If you’ve never seen a band looking bored, you probably work for a living. In which case, you didn’t catch Maroon 5 on the ITV lunchtime chat show Loose Women the week before last, performing with the verve of pensioners en route to the post office. Or a jet-lagged Alanis Morissette wearily discussing hang-gliding holidays before slumping on a stool to sing.
There was a time when inviting musicians onto live television was a risky business. The Sex Pistols set the precedent in 1976 with their expletive-strewn rant on Bill Grundy’s talk show. In the 1990s, Happy Mondays’ singer, Shaun Ryder, forced TFI Friday to be pre-recorded after repeatedly ignoring pleas to steer clear of swearwords. In its heyday, even the relatively tame Top of the Pops saw its fair share of drum-kit trashing, riotous outfits and daring dance routines.
When Top of the Pops limped lamely off screen two years ago, a few months after the Saturday-morning children’s show CD:UK had been cancelled, music on terrestrial television was all but declared dead. For the earnest adult rock consumer, there was Later, but mainstream music-dedicated shows were gone from prime time. These days, artists with an album to promote are often faced with a chilling choice — an early-morning appearance on GMTV, with that dreaded stopover on the sofa, or a performance on Paul O’Grady’s afternoon show, before a feature on dancing dogs.
“Persuading an artist to appear on these programmes can be a battle,” admits Steve Morton, who spent seven years as media director at Virgin Records before leaving to manage bands including the Hoosiers and the Automatic. “Every act wants to be on Later, alongside credible musicians, with an audience of genuine music fans. The problem starts when you sell more than 100,000 albums in Britain. To get bigger, you have to reach out to people who aren’t regular music-buyers — say, housewives who occasionally put an album in their trolley at Tesco. When the Hoosiers’ album went platinum, the only way we could reach a new audience was on shows like This Morning and Paul O’Grady. Luckily, the guys have a quirky sense of humour that works well on TV. That’s unusual. With most artists, you take one look at their face and know they desperately don’t want to be there.”
Another manager recalls hours spent last autumn trying to persuade his award-winning American rock band to do the UK chat-show circuit. “They were worried it would affect their credibility,” he says. “They were right, of course, but their album sales had hit a plateau. They were offered Loose Women or Alan Titchmarsh — try explaining to American rockers why they should play on a programme hosted by a genteel middle-aged gardener. They almost agreed to Ant and Dec’s Saturday Night Takeaway. Then they discovered the band on the previous week had to dress up as elves. In the end, they did nothing and the album stopped selling.”
With the exception of Jonathan Ross, who occasionally offers the performance slot on his Friday-night series to breaking artists, chat and breakfast shows tend to stick to household names. The Australian teenager Gabriella Cilmi got on GMTV only after her debut single, Sweet About Me, had been used in a deodorant ad.

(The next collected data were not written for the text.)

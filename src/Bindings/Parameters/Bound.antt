-- ===== src/Bindings/Parameters/Bound.antt =====
-- What the calls of src/lua/LuaPreparedQuery.cpp bind in the end.
use my_sqloo.Base.{
  ℕ, zero, suc, ◌^◌, ◌<◌, ◌≡◌, ◌∙◌, refl, ap, sym, Option, none, some, List, [], ◌∷◌, length,
  get_elem?, arith, some-injective, subst,
}
use my_sqloo.Bindings.{LuaArguments, Casts}
use my_sqloo.Bindings.Parameters.{ParameterCall, call_parameters}
use my_sqloo.Bindings.Parameters.History.{
  History, lookup, log_calls, keep_log, field_at, Agrees, Represents, keep_last-Represents,
  calls-Represents,
}
use my_sqloo.Client.{Client, Bind, bind_null}
use my_sqloo.Creation.{build_prepared_data}
use my_sqloo.Execute.Parameters.{find, bind_of, generate_binds}
use my_sqloo.Execute.Parameters.Binds.{Matches, bound, generate_binds_lem}
use my_sqloo.Objects.{FieldValue, PreparedQueryField, Parameters, IQuery}
use my_sqloo.Outcome.{ok}

-- What is bound for a value: NULL if it was never set.
abbrev pub bound_value : Option FieldValue → Bind
bound_value none = bind_null
bound_value (some value) = bind_of value

bound-field_at : (i : ℕ) (value : Option FieldValue) → bound (field_at i value) ≡ bound_value value
bound-field_at i none = refl
bound-field_at i (some value) = refl

-- The set that stands where a history does.
set_at :
    (k : ℕ) (h : History) (ms : List Parameters) (hs : List History)
    → Represents ms hs
    → get_elem? hs k ≡ some h
    → (m : Parameters) × (get_elem? ms k ≡ some m) × Agrees m h
unfolding Represents Agrees
set_at k h [] [] r e = absurd (ground (arith, e))
set_at k h [] (h' ∷ hs) r e = absurd r
set_at k h (m ∷ ms) [] r e = absurd r
set_at zero h (m ∷ ms) (h' ∷ hs) (a, r) e =
    let same : h' ≡ h = some-injective e in
    (m, refl, λ i. a i ∙ ap (λ x. field_at i (lookup i x)) same)
set_at (suc k) h (m ∷ ms) (h' ∷ hs) (a, r) e = set_at k h ms hs r e

IndexAt : ℕ → Option PreparedQueryField → Type 0
IndexAt i none = Unit
IndexAt i (some field) = field.index ≡ i

IndexAt-field_at : (i : ℕ) (value : Option FieldValue) → IndexAt i (field_at i value)
unfolding IndexAt
IndexAt-field_at i none = tt
IndexAt-field_at i (some value) = refl

Agrees-Matches : (map : Parameters) (h : History) → Agrees map h → Matches map
unfolding Agrees IndexAt
Agrees-Matches map h agrees i field e =
    subst (IndexAt i) (sym (agrees i) ∙ e) (IndexAt-field_at i (lookup i h))

bound-Agrees :
    (map : Parameters) (h : History) (i : ℕ)
    → Agrees map h
    → bound (find i map) ≡ bound_value (lookup i h)
unfolding Agrees
bound-Agrees map h i agrees = ap bound (agrees i) ∙ bound-field_at i (lookup i h)

module _ (C : Client) (casts : Casts) where
  -- Let the parameters of a prepared query be what a list of histories says. After any calls of the
  -- functions on parameters, and the start of the query, its data has one set of parameters for each
  -- history that those calls leave, and the generation of the binds of each set, for a statement with
  -- fewer than 2 ^ 32 - 1 parameters, does not throw: it binds at each position the value that was set
  -- last for it, or NULL where none was. The query keeps the last set only.
  pub call_parameters-bound :
      (calls : List (ParameterCall × LuaArguments)) (q : IQuery) (hs : List History)
      → Represents q.parameters hs
      → let (v, left) = build_prepared_data (call_parameters casts calls q) in
        let logs = log_calls casts calls hs in
        Represents v.parameters logs
        × Represents left.parameters (keep_log logs)
        × ((k count : ℕ) (h : History) (binds : List Bind)
            → get_elem? logs k ≡ some h
            → suc count < 2 ^ 32
            → length binds ≡ count
            → (m : Parameters) × (get_elem? v.parameters k ≡ some m)
              × (bound : List Bind) × (generate_binds C m count binds ≡ ok bound)
              × ((p : ℕ) → p < count → get_elem? bound p ≡ some (bound_value (lookup (suc p) h))))
  unfolding build_prepared_data
  call_parameters-bound calls q hs r =
      let logs = log_calls casts calls hs in
      let q' = call_parameters casts calls q in
      let r' = calls-Represents casts calls q hs r in
      (
        r',
        keep_last-Represents q'.parameters logs r',
        λ k count h binds e small size.
            let (m, found, agrees) = set_at k h q'.parameters logs r' e in
            let ((bs, ok', size', all), _) =
              generate_binds_lem C count m binds small size (Agrees-Matches m h agrees) in
            (m, found, bs, ok', λ p below. all p below ∙ ap some (bound-Agrees m h (suc p) agrees)),
      )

“Gabriella’s GMTV performance had a huge impact on sales,” says Andrea Edmondson, a TV promotions manager at Island Records. “The ad had been running on GMTV, so the audience knew the song, although probably not who sang it or what it was called. Live performance is crucial to making that link, and it’s why TV is so important. You can hear a track a dozen times on the radio and have no idea about the artist. A performance connects the two and seals the song in people’s minds.”

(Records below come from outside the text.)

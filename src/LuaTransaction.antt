-- ===== src/LuaTransaction.antt =====
-- The tables of the results of a transaction, in `runSuccessCallback` of src/lua/LuaTransaction.cpp. The Lua
-- state is a parameter, with the registry of references.
pub mod Queries
pub mod Results
use my_sqloo.Base.{
  ℕ, Bool, true, false, Option, none, some, List, [], ◌∷◌, ◌==◌, if◌then◌else◌, String,
}
use my_sqloo.Callbacks.{Callback, at_reference, at_field, no_callback}
use my_sqloo.Client.{Bytes}
use my_sqloo.IQuery.{set_callback_data}
use my_sqloo.LuaData.{FieldTypes, DataTable, create_data_reference, free_data_reference}
use my_sqloo.Objects.{IQueryData, State, query_complete}
use my_sqloo.QueryData.{set_status}

-- The registry of references, as far as it holds tables of data.
pub record Registry (Table Lua : Type 0) : Type 0 where
  pub reference_create : Table → Lua → ℕ × Lua
  pub reference_push : ℕ → Lua → Table
  pub reference_free : ℕ → Lua → Lua

module _ {Number World Lua : Type 0} (types : FieldTypes) (atof : Bytes → Number)
    (of_unsigned : ℕ → Number) (registry : Registry (DataTable types atof of_unsigned) Lua) where
  open registry use {reference_create, reference_push, reference_free}

  -- The loop of `runSuccessCallback`: the tables of the queries, in order.
  unfoldable pub result_tables :
      List (ℕ × ℕ)
      → State World × Lua
      → Option (List (DataTable types atof of_unsigned) × (State World × Lua))
  result_tables [] x = some ([], x)
  result_tables ((query, d) ∷ rest) x =
      let (s, lua) =
        free_data_reference types atof of_unsigned reference_create reference_free query x in
      elim (create_data_reference types atof of_unsigned reference_create reference_free query d
        (set_callback_data query d s, lua)) [
          | none ↦ none
          | some (ref, y) ↦ elim (result_tables rest y) [
            | none ↦ none
            | some (tables, z) ↦ some (reference_push ref y.1 ∷ tables, z)
          ]
        ]

  unfoldable pub free_all : List (ℕ × ℕ) → State World × Lua → State World × Lua
  free_all [] x = x
  free_all ((query, d) ∷ rest) x =
      free_all rest
        (free_data_reference types atof of_unsigned reference_create reference_free query x)
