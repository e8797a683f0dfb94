-- ===== src/Registry.antt =====
-- schemas/registry.py and services/strategy_registry.py: the strategies that the gateway knows, and
-- the module's global that holds them.
pub mod Load
pub mod Validation
pub mod Laws
use quant_api_gateway.Prelude.{
  ℕ, String, Bool, true, false, Option, none, some, List, [], ◌∷◌, str_eq, if◌then◌else◌, ok, err,
}
use quant_api_gateway.Http.{plain}
use quant_api_gateway.Effects.{M, Exception, service, registry_load_error}

-- The weight is in units of 0.0001, its four decimal places; it is not negative.
pub record StrategyConfig : Type 0 where
  pub id : String
  pub name : String
  pub type_name : String
  pub service_url : String
  pub capital_weight : ℕ
  pub active : Bool

pub record StrategyRegistry : Type 0 where
  pub strategies : List StrategyConfig

-- One round of a comprehension with an `if`.
abbrev pub keep {ℓ} : {A : Type ℓ} → Bool → A → List A → List A
keep true x rest = x ∷ rest
keep false x rest = rest

active_of : List StrategyConfig → List StrategyConfig
active_of [] = []
active_of (s ∷ strategies) = keep s.active s (active_of strategies)

unfoldable pub active_strategies : StrategyRegistry → List StrategyConfig
unfolding active_of
active_strategies registry = active_of registry.strategies

find_id : String → List StrategyConfig → Option StrategyConfig
find_id strategy_id [] = none
find_id strategy_id (s ∷ strategies) =
    if str_eq s.id strategy_id then some s else find_id strategy_id strategies

pub by_id : StrategyRegistry → String → Option StrategyConfig
unfolding find_id
by_id registry strategy_id = find_id strategy_id registry.strategies

-- The global `_registry`.
abbrev pub Global : Type 0
Global = Option StrategyRegistry

unfoldable pub set_registry : StrategyRegistry → M Global (Unit {0})
set_registry registry _ = (ok tt, some registry)

abbrev pub not_loaded : Exception
not_loaded = service registry_load_error (plain "strategy registry has not been loaded")

unfoldable pub get_registry : M Global StrategyRegistry
get_registry none = (err not_loaded, none)
get_registry (some registry) = (ok registry, some registry)

unfoldable pub clear_registry : M Global (Unit {0})
clear_registry _ = (ok tt, none)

The show was less memorable for Cilmi, who avoided the sofa, but gave a short interview before her performance. “I honestly can’t remember what the presenter said,” she laughs. “Something about tennis. I know nothing about tennis, so I just nodded.”

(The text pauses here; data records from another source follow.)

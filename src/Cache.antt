-- ===== src/Cache.antt =====
-- services/cache.py: the cache layer over Redis. Redis and the JSON form of a model are parameters.
pub mod Pattern
pub mod Laws
pub mod Ends
pub mod Invalidator
use quant_api_gateway.Prelude.{
  ℕ, zero, suc, ◌+◌, ◌-◌, ◌*◌, ◌/◌, ◌%◌, ◌^◌, ◌≤◌, ◌<◌, String, ◌<>◌, ◌≡◌, refl, sym, ap, ◌∙◌,
  fun_ext, ◌≢◌, ◌↔◌, ◌⊎◌, inl, inr, Bool, true, false, not, ◌&&◌, ◌||◌, Option, none, some, List,
  [], ◌∷◌, ◌++◌, map, arith, str_eq, eq_iff, eq_refl, ltb, leb, ◌==◌, if◌then◌else◌, ltb→lt, lt→ltb,
  leb→le, Bool-cases, Option-cases, is_none, Result, ok, err,
}
use quant_api_gateway.Http.{Message}
use quant_api_gateway.Effects.{M, Exception, service, cache_error, pure, raise, ◌>>=◌, ◌>>◌}

-- The Redis server and its client. `none` is an exception of the client, a failed connection
-- included; `scan` takes a cursor and a pattern and returns the next cursor and a page of keys.
pub record Redis : Type 1 where
  pub State : Type 0
  pub get : String → State → Option (Option String) × State
  pub setex : String → ℕ → String → State → Option (Unit {0}) × State
  pub delete : List String → State → Option (Unit {0}) × State
  pub scan : ℕ → String → State → Option (ℕ × List String) × State

-- A Pydantic model type: `model_dump_json` (`none`: it raises), and `json.loads` followed by
-- `model_validate` (`none`: one of them raises).
pub record Model (A : Type 0) : Type 0 where
  pub dump : A → Option String
  pub parse : String → Option A

abbrev pub failed : String → String → Exception
failed template key = service cache_error (record { template = template; args = key ∷ [] })

module _ (R : Redis) where
  -- `except Exception as exc: raise CacheError(…) from exc` around a call of the client.
  abbrev pub attempt : {A : Type 0} → (R.State → Option A × R.State) → Exception → M R.State A
  attempt call e s =
      let (reply, s') = call s in elim reply [ none ↦ (err e, s') | some a ↦ (ok a, s') ]

  abbrev pub parse_raw : {A : Type 0} → Model A → Option String → Option A
  parse_raw model none = none
  parse_raw model (some raw) = model.parse raw

  unfoldable pub get_cached : {A : Type 0} → String → Model A → M R.State (Option A)
  get_cached key model = do
    raw ← attempt (R.get key) (failed "redis GET failed for key {!r}" key)
    pure (parse_raw model raw)

  abbrev store : String → ℕ → Option String → M R.State (Unit {0})
  store key ttl none = raise (failed "failed to serialise model for key {!r}" key)
  store key ttl (some payload) =
      attempt (R.setex key ttl payload) (failed "redis SETEX failed for key {!r}" key)

  unfoldable pub set_cached : {A : Type 0} → String → Model A → A → ℕ → M R.State (Unit {0})
  set_cached key model value ttl = store key ttl (model.dump value)

  pub invalidate_key : String → M R.State (Unit {0})
  invalidate_key key = attempt (R.delete (key ∷ [])) (failed "redis DELETE failed for key {!r}" key)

At least Cilmi was allowed to sing live. “So far, they have all been live, thank God,” the 16- year-old says. “It’s nerve-racking enough without having to mime. I don’t mind singing in the morning; the hard part is having no audience. What’s funny is when you finish and hear this solitary clapping from the sofa. For a split second, you think, ‘Only one person clapping? How bad was I?’ ”
What everyone in the industry agrees is that no single television programme today has the power to break a new act. “When CD:UK and Top of the Pops were both on, it was a golden age for breaking bands,” Morton claims. “Nothing now reaches those young music-buyers in such big numbers. It was one reason pop became so prevalent. Bands like Blue, Atomic Kitten and S Club 7 all sprang from Saturday-morning TV.”
For Edmondson, mainstream television’s reliance on established stars can be seen in the number of veteran acts in the album charts. “There are hardly any opportunities for new, young acts on top-rating TV shows,” she says. “They know most kids have migrated to the internet and aim their performances at adult album-buyers. Their dream bookings are artists like Neil Diamond and Rod Stewart.”
Yet Edmondson admits there is more music on television than ever before. “Late-night Channel 4 is very committed to music, and ITV2 broadcasts iTunes gigs and summer festivals. For younger viewers, there is BBC Sound, the Green Room and T4. Their audiences are minuscule compared to the millions who watch GMTV, but they are exclusively music fans, so it’s a good place to start.”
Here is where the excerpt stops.